В полдень 23 апреля Коллер прибыл в штаб Геринга в Оберзальцберге. Слово в слово он пересказал рейхсмаршалу свой разговор с Йодлем. От таких подробностей у Геринга глаза едва не вылезли из орбит. Он собрал группу адъютантов и советников и послал за Ламмерсом – руководителем аппарата имперской канцелярии и знатоком нацистского законодательства. Когда-то Ламмерс по влиятельности не уступал Борману. Оба изо всех сил старались выдвинуться, и в конце концов Борман сумел оттеснить Ламмерса, и теперь он был в общем-то весьма незначительной фигурой в нацистской иерархии. Геринг оказался в очень щекотливой ситуации. По декрету, он был полноправным преемником Гитлера; и теперь, если верить Коллеру, он, помимо этого, и устно возложил на него, Геринга, всю полноту государственной власти. С юридической точки зрения все было ясно. Геринг велел принести шкатулку, откуда извлекли текст гитлеровского декрета от июня 1941 года. Все согласились с тем, что содержание текста не допускало никаких двусмысленных толкований. Но как быть с Борманом? Все знали, что заветной мечтой Бормана было устранение Геринга как претендента на пост, который вот-вот окажется вакантным. Правда, все понимали, что в отсутствие других подходящих кандидатов никто не мог оспорить право Геринга, хотя любая неосмотрительность в этом деле могла стать фатальной.

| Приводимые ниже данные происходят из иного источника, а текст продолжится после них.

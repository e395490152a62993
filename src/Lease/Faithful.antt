-- ===== src/Lease/Faithful.antt =====
-- The invariant of the nodes and their leases, and how a granted row keeps it.
use market_data_backend.Prelude.{
  ℕ, String, Bool, true, false, Option, none, some, ok, ◌==◌, String_eq, ◌≡◌, sym, ◌∙◌, subst,
  eq_test_iff, Bool-cases, inl, inr, arith,
}
use mathlib.Core.Option.{some-injective}
use market_data_backend.Prelude.Map
use market_data_backend.Prelude.Int.{ℤ, pos, ◌+ℤ◌, ◌≤ℤ◌, ltb_ℤ}
use market_data_backend.Model.{Time, GroupLease}
use market_data_backend.Lease.Cluster.{Cluster, hold, learn, no_leases}

-- The row stands behind a node that knows of a lease until `until`.
abbrev pub Backing : Option GroupLease → String → Time → Type 0
Backing none node until = ⊥
Backing (some l) node until = (l.node_id ≡ node) × (until ≤ℤ l.lease_expires_at)

module _ (ttl_of : String → ℤ) where
  abbrev pub Bounded : Time → Option GroupLease → Type 0
  Bounded now none = Unit
  Bounded now (some l) = l.lease_expires_at ≤ℤ (now +ℤ ttl_of l.node_id)

  -- No row outlives the term of its node, and a row stands behind each lease that a node knows of
  -- and that has not run out.
  pub record IsFaithful (c : Cluster) : Type 0 where
    pub bounded : (group : String) → Bounded c.now (Map.lookup group c.rows)
    pub backing :
        (node group : String) (until : Time)
        → c.held node group ≡ some until
        → c.now ≤ℤ until
        → Backing (Map.lookup group c.rows) node until

  pub no_leases-IsFaithful : (now : Time) → IsFaithful (no_leases now)
  unfolding Map.lookup
  no_leases-IsFaithful now = record { bounded = λ g. tt; backing = λ n g u h. absurd (cc h) }

  Bounded-tick :
      (now : Time) (d : ℕ) (row : Option GroupLease) → Bounded now row → Bounded (now +ℤ pos d) row
  Bounded-tick now d none b = tt
  Bounded-tick now d (some l) b = ground arith

  pub tick-IsFaithful :
      (c : Cluster) (d : ℕ) → IsFaithful c → IsFaithful (record c { now = c.now +ℤ pos d })
  tick-IsFaithful c d f = record {
    bounded = λ g. Bounded-tick c.now d (Map.lookup g c.rows) (f.bounded g);
    backing = λ n g u h k. f.backing n g u h (earlier u k);
  }
    where
      earlier : (u : Time) → (c.now +ℤ pos d) ≤ℤ u → c.now ≤ℤ u
      earlier u k = ground arith

  -- What a row must be for `node` to take it: no other node knows of a lease that has not run out.
  abbrev pub Free : Cluster → String → String → Type 0
  Free c node group =
      (n : String) (until : Time)
      → c.held n group ≡ some until
      → c.now ≤ℤ until
      → (node ≡ n) × (until ≤ℤ (c.now +ℤ ttl_of node))

  le_refl : (x : ℤ) → x ≤ℤ x
  le_refl x = omega arith

  le_trans : (x y z : ℤ) → x ≤ℤ y → y ≤ℤ z → x ≤ℤ z
  le_trans x y z p q = omega arith

  term :
      (c : Cluster) (node : String) (l : GroupLease)
      → l.node_id ≡ node
      → l.lease_expires_at ≡ (c.now +ℤ ttl_of node)
      → Bounded c.now (some l)
  term c node l own expires = rw (own, expires) (le_refl (c.now +ℤ ttl_of node))

  put-Bounded :
      (c : Cluster) (group : String) (l : GroupLease)
      → IsFaithful c
      → Bounded c.now (some l)
      → (g : String) → Bounded c.now (Map.lookup g (Map.insert group l c.rows))
  put-Bounded c group l f b g =
      rw (Map.lookup-insert g group l c.rows) (elim (Bool-cases (group == g)) [
        | inl same ↦ rw same b
        | inr other ↦ rw other (f.bounded g)
      ])

  -- The leases known after an answer: unheard, they are the old ones.
  abbrev heard_held : Cluster → String → String → Bool → (node group : String) → Option Time
  heard_held c node group true = hold node group (some (c.now +ℤ ttl_of node)) c.held
  heard_held c node group false = c.held

  put-Backing :
      (c : Cluster) (node group : String) (heard : Bool) (l : GroupLease)
      → IsFaithful c
      → Free c node group
      → l.node_id ≡ node
      → l.lease_expires_at ≡ (c.now +ℤ ttl_of node)
      → (n g : String) (until : Time) → heard_held c node group heard n g ≡ some until
      → c.now ≤ℤ until
      → Backing (Map.lookup g (Map.insert group l c.rows)) n until
  put-Backing c node group heard l f free own expires n g until h k =
      rw (Map.lookup-insert g group l c.rows) (elim (Bool-cases (group == g)) [
        | inl same ↦ rw same (mine heard ((eq_test_iff group g).0 same) h)
        | inr other ↦ rw other (f.backing n g until (theirs heard other h) k)
      ])
    where
      by_free :
          (node ≡ n) × (until ≤ℤ (c.now +ℤ ttl_of node))
          → (l.node_id ≡ n) × (until ≤ℤ l.lease_expires_at)
      by_free (e, le) = (own ∙ e, subst (λ t. until ≤ℤ t) (sym expires) le)

      old : group ≡ g → c.held n g ≡ some until → (l.node_id ≡ n) × (until ≤ℤ l.lease_expires_at)
      old e held = by_free (free n until (subst (λ x. c.held n x ≡ some until) (sym e) held) k)

      mine :
          (b : Bool)
          → group ≡ g
          → heard_held c node group b n g ≡ some until
          → (l.node_id ≡ n) × (until ≤ℤ l.lease_expires_at)
      mine false e held = old e held
      mine true e held = elim (Bool-cases (node == n)) [
        | inl self ↦
            let told =
              some-injective (c.now +ℤ ttl_of node) until
                (rw (self, (eq_test_iff group g).1 e) at held) in
            (
              own ∙ (eq_test_iff node n).0 self,
              subst (λ t. t ≤ℤ l.lease_expires_at) (expires ∙ told) (le_refl l.lease_expires_at),
            )
        | inr stranger ↦ old e (rw stranger at held)
      ]

      theirs :
          (b : Bool)
          → (group == g) ≡ false
          → heard_held c node group b n g ≡ some until
          → c.held n g ≡ some until
      theirs false e held = held
      theirs true e held = elim (Bool-cases (node == n)) [
        | inl self ↦ rw (self, e) at held
        | inr stranger ↦ rw stranger at held
      ]

  pub granted-IsFaithful :
      (c : Cluster) (node group : String) (heard : Bool) (l : GroupLease)
      → IsFaithful c
      → Free c node group
      → l.node_id ≡ node
      → l.lease_expires_at ≡ (c.now +ℤ ttl_of node)
      → IsFaithful (learn c node group (ttl_of node) heard (ok (true, Map.insert group l c.rows)))
  granted-IsFaithful c node group true l f free own expires = record {
    bounded = put-Bounded c group l f (term c node l own expires);
    backing = put-Backing c node group true l f free own expires;
  }
  granted-IsFaithful c node group false l f free own expires = record {
    bounded = put-Bounded c group l f (term c node l own expires);
    backing = put-Backing c node group false l f free own expires;
  }

  pub denied-IsFaithful :
      (c : Cluster) (node group : String) (heard : Bool)
      → IsFaithful c
      → IsFaithful (learn c node group (ttl_of node) heard (ok (false, c.rows)))
  denied-IsFaithful c node group true f = f
  denied-IsFaithful c node group false f = f

  pub Free-owner :
      (c : Cluster) (node group : String) (l : GroupLease)
      → IsFaithful c
      → Map.lookup group c.rows ≡ some l
      → l.node_id ≡ node
      → Free c node group
  Free-owner c node group l f here own n until held k =
      let backed = subst (λ r. Backing r n until) here (f.backing n group until held k) in
      let limit = subst (Bounded c.now) here (f.bounded group) in
      (
        sym own ∙ backed.0,
        subst (λ x. until ≤ℤ (c.now +ℤ ttl_of x)) own
            (le_trans until l.lease_expires_at (c.now +ℤ ttl_of l.node_id) backed.1 limit),
      )

  pub Free-expired :
      (c : Cluster) (node group : String) (l : GroupLease)
      → IsFaithful c
      → Map.lookup group c.rows ≡ some l
      → ltb_ℤ l.lease_expires_at c.now ≡ true
      → Free c node group
  Free-expired c node group l f here past n until held k =
      let backed = subst (λ r. Backing r n until) here (f.backing n group until held k) in
      absurd (ground (arith, backed.1))

  pub Free-none :
      (c : Cluster) (node group : String)
      → IsFaithful c
      → Map.lookup group c.rows ≡ none
      → Free c node group
  Free-none c node group f here n until held k =
      absurd (subst (λ r. Backing r n until) here (f.backing n group until held k))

Геринг принялся осторожно лавировать, стараясь избежать возможных ловушек. «Мог ли фюрер за прошедшее с 1941 года время издать новый декрет, отменявший старый?» – спрашивал Геринг. Ламмерс ответил, что нет; если бы Гитлер издал какой-то новый декрет, то Ламмерс бы наверняка об этом знал. Президент сената Мюллер, личный помощник Бормана, присутствовал на этой встрече, но не вмешивался и не создавал никаких помех. Потом Геринг по очереди спросил у всех присутствующих, что они думают по этому поводу. Мнение было единодушным. Если сообщение Коллера было достоверным, то закон просто обязывал Геринга принять наследие Гитлера. После этого Геринг предложил направить телеграммы Гитлеру, а также Кейтелю, Риббентропу и фон Белову[164], чтобы заручиться их согласием с такой интерпретацией событий. С этим согласились почти все. Не согласились лишь Ламмерс, Мюллер и оберштурмбаннфюрер СС Франк, руководитель СС в Оберзальцберге, но это было лишь проявлением осторожности, а не выражением мнения.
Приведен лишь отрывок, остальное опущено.